Using the records below, repeat exactly the lines from the one holding "unfoldable pub on_input" through the one holding "run_program (input ∷", both ends included, and no others.

━━━ INFORMATION PROVIDED

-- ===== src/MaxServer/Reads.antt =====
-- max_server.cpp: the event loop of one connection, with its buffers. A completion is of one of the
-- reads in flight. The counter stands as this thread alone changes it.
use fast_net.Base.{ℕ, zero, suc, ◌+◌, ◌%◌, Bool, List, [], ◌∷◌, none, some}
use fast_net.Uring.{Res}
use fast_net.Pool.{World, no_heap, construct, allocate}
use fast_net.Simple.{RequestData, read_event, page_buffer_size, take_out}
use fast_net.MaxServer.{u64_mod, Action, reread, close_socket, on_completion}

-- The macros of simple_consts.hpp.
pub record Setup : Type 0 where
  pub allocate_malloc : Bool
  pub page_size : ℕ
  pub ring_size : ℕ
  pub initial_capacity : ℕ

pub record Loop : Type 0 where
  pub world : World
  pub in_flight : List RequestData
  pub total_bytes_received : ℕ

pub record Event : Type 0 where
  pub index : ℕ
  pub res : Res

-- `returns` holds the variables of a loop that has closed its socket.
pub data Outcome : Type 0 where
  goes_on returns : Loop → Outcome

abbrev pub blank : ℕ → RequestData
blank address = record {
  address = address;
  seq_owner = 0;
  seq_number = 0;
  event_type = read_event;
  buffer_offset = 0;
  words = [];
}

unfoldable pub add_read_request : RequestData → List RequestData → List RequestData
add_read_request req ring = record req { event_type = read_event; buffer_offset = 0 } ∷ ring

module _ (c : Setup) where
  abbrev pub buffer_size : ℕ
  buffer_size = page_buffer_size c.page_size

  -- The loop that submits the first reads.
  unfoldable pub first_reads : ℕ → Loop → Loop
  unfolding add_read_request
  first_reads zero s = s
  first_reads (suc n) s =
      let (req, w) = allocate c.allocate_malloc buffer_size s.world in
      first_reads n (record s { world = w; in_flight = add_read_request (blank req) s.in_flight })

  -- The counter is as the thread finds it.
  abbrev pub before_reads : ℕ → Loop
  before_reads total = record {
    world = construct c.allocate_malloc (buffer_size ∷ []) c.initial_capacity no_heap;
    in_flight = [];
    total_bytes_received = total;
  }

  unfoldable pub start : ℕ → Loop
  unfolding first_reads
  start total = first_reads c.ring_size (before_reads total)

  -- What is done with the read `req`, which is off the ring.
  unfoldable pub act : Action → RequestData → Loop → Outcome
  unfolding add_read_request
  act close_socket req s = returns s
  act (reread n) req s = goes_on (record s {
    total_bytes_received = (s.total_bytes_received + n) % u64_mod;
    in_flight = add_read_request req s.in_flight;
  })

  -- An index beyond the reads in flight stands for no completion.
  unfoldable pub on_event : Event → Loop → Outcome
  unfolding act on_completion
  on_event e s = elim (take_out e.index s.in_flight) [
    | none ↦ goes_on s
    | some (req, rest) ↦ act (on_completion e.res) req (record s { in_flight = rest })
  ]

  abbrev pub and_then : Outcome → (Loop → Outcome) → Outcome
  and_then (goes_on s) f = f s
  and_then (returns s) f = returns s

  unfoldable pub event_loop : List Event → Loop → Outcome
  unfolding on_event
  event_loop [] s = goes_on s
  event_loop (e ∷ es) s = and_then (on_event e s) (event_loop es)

━━━━━━
━━━ INFORMATION PROVIDED

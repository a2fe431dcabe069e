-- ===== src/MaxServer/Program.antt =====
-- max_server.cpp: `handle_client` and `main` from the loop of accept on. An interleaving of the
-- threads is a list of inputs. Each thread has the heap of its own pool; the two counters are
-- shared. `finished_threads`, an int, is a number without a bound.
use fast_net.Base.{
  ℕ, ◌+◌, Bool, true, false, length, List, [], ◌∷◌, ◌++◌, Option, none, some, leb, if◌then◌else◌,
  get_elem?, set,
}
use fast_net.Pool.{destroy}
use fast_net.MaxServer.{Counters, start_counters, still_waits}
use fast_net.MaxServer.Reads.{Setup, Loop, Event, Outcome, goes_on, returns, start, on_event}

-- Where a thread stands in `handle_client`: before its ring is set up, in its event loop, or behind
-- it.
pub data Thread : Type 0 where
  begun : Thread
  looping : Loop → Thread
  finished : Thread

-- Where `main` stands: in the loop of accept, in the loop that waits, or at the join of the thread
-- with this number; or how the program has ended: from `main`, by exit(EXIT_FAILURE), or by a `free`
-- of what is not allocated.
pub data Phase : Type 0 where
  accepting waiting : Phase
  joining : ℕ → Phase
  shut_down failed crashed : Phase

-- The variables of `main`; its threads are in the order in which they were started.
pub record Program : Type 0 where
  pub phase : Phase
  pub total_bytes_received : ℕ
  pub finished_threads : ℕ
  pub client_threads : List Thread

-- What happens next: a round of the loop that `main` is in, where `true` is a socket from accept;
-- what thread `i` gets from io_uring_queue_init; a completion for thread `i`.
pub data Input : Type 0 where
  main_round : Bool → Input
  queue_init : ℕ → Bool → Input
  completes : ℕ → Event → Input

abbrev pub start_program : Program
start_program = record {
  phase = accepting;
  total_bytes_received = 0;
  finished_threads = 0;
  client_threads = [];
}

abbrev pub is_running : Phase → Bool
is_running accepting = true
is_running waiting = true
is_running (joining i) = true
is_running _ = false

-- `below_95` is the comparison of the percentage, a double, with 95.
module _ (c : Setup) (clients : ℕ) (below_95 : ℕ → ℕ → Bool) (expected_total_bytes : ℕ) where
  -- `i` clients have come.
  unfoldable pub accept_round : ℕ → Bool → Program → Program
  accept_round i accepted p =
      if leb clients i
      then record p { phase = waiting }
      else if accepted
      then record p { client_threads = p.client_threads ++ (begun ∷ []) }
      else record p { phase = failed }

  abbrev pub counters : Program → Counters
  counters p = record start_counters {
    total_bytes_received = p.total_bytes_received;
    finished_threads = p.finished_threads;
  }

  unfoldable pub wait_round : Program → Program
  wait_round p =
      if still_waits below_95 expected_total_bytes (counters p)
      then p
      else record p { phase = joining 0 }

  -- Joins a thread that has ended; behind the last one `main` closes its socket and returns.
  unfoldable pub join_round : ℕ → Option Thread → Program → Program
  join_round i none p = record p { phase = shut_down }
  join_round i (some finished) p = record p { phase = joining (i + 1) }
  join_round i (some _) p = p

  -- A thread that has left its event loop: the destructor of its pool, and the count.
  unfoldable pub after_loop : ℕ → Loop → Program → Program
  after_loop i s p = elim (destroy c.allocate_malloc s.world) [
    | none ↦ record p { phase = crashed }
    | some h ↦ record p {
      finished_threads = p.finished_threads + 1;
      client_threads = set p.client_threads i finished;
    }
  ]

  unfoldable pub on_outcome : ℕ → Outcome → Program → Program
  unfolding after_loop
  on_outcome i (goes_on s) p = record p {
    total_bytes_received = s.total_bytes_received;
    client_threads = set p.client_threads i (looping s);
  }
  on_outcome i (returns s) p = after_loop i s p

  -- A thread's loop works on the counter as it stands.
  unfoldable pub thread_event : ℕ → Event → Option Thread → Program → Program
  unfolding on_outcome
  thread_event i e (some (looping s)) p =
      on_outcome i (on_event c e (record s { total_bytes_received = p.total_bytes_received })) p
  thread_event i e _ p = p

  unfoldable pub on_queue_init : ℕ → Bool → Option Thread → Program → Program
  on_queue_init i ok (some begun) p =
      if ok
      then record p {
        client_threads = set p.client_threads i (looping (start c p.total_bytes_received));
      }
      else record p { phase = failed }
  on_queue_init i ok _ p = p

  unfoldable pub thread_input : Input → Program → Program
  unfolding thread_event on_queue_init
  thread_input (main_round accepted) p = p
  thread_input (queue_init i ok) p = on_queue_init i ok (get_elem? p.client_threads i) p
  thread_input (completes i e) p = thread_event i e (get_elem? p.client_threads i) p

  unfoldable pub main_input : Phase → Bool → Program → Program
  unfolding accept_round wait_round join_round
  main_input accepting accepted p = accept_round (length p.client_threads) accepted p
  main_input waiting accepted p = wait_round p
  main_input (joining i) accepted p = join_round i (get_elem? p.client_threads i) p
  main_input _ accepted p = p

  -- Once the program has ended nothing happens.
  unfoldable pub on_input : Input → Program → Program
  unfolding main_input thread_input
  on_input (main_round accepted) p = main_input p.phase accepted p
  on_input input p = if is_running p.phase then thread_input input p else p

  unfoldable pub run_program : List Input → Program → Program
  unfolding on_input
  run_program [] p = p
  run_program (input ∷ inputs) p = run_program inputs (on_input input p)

━━━━━━

- RESPONSE BELOW
  unfoldable pub on_input : Input → Program → Program
  unfolding main_input thread_input
  on_input (main_round accepted) p = main_input p.phase accepted p
  on_input input p = if is_running p.phase then thread_input input p else p

  unfoldable pub run_program : List Input → Program → Program
  unfolding on_input
  run_program [] p = p
  run_program (input ∷ inputs) p = run_program inputs (on_input input p)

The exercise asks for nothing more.